[[ INFORMATION SUPPLIED, beginning ]]

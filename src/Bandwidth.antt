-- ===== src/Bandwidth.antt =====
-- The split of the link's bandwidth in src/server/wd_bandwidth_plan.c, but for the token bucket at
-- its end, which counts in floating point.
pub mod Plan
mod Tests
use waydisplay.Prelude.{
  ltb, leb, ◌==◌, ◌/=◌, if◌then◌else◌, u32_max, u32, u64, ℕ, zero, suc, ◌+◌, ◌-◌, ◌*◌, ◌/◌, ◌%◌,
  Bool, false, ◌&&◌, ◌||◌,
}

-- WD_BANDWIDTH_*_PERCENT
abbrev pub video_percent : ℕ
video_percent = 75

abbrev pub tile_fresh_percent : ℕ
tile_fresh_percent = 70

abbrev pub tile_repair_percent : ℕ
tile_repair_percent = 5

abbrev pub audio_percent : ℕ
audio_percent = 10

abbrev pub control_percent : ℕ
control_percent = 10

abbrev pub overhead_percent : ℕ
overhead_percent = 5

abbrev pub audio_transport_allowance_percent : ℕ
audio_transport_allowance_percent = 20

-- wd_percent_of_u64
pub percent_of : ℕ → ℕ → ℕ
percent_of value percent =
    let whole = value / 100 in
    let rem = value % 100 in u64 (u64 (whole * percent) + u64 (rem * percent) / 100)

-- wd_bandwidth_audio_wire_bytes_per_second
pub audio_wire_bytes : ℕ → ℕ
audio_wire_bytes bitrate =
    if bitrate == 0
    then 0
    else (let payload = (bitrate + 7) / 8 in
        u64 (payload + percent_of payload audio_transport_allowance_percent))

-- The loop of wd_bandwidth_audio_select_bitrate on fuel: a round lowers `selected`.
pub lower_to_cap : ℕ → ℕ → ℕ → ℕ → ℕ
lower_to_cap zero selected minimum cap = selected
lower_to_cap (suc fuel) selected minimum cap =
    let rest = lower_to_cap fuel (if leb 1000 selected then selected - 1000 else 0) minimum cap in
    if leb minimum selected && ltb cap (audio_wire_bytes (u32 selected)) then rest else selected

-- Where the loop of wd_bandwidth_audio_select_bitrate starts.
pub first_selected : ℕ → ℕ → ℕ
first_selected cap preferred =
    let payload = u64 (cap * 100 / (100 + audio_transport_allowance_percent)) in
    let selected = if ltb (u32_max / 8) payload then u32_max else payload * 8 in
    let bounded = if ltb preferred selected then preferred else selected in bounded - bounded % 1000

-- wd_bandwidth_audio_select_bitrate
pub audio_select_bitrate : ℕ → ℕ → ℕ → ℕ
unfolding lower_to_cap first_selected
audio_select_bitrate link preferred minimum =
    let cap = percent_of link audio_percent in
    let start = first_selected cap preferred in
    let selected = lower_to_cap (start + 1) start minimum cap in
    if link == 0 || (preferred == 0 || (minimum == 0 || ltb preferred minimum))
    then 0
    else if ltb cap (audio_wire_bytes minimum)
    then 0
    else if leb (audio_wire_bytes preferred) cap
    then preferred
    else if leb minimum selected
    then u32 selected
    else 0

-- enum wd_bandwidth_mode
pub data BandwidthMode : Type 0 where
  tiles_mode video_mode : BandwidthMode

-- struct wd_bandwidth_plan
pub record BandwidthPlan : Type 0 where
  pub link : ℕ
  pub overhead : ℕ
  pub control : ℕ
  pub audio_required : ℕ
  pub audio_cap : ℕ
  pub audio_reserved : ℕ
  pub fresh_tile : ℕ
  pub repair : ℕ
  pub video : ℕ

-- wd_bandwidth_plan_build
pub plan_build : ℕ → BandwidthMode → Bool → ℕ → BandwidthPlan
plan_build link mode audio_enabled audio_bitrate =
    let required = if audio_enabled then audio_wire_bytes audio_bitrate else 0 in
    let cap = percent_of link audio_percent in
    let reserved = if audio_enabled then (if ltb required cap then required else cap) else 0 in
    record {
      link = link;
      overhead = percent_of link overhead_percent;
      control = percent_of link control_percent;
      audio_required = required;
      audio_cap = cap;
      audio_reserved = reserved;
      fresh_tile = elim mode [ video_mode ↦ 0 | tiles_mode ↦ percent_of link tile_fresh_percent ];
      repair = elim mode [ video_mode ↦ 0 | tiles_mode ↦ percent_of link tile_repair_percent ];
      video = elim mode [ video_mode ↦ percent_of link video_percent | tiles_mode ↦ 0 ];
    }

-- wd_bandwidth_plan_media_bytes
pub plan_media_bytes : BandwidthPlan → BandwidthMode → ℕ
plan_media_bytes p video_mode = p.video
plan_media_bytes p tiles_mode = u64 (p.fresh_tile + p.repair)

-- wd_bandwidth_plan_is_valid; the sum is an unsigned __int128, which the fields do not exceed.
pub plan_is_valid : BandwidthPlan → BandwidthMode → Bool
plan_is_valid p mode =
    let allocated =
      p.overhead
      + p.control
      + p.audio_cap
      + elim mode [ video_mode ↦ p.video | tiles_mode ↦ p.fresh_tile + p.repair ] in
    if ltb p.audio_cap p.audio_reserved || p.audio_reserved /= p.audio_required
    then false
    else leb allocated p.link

[[ INFORMATION SUPPLIED, end ]]

» **DIRECTIONS FOR THIS TASK**: From the records above, retype only the lines starting at the line that contains "else (let payload = (bitrate + 7) / 8 in" and ending at the line that contains "let selected = lower_to_cap", both included.

» **ANSWER**:
    else (let payload = (bitrate + 7) / 8 in
        u64 (payload + percent_of payload audio_transport_allowance_percent))

-- The loop of wd_bandwidth_audio_select_bitrate on fuel: a round lowers `selected`.
pub lower_to_cap : ℕ → ℕ → ℕ → ℕ → ℕ
lower_to_cap zero selected minimum cap = selected
lower_to_cap (suc fuel) selected minimum cap =
    let rest = lower_to_cap fuel (if leb 1000 selected then selected - 1000 else 0) minimum cap in
    if leb minimum selected && ltb cap (audio_wire_bytes (u32 selected)) then rest else selected

-- Where the loop of wd_bandwidth_audio_select_bitrate starts.
pub first_selected : ℕ → ℕ → ℕ
first_selected cap preferred =
    let payload = u64 (cap * 100 / (100 + audio_transport_allowance_percent)) in
    let selected = if ltb (u32_max / 8) payload then u32_max else payload * 8 in
    let bounded = if ltb preferred selected then preferred else selected in bounded - bounded % 1000

-- wd_bandwidth_audio_select_bitrate
pub audio_select_bitrate : ℕ → ℕ → ℕ → ℕ
unfolding lower_to_cap first_selected
audio_select_bitrate link preferred minimum =
    let cap = percent_of link audio_percent in
    let start = first_selected cap preferred in
    let selected = lower_to_cap (start + 1) start minimum cap in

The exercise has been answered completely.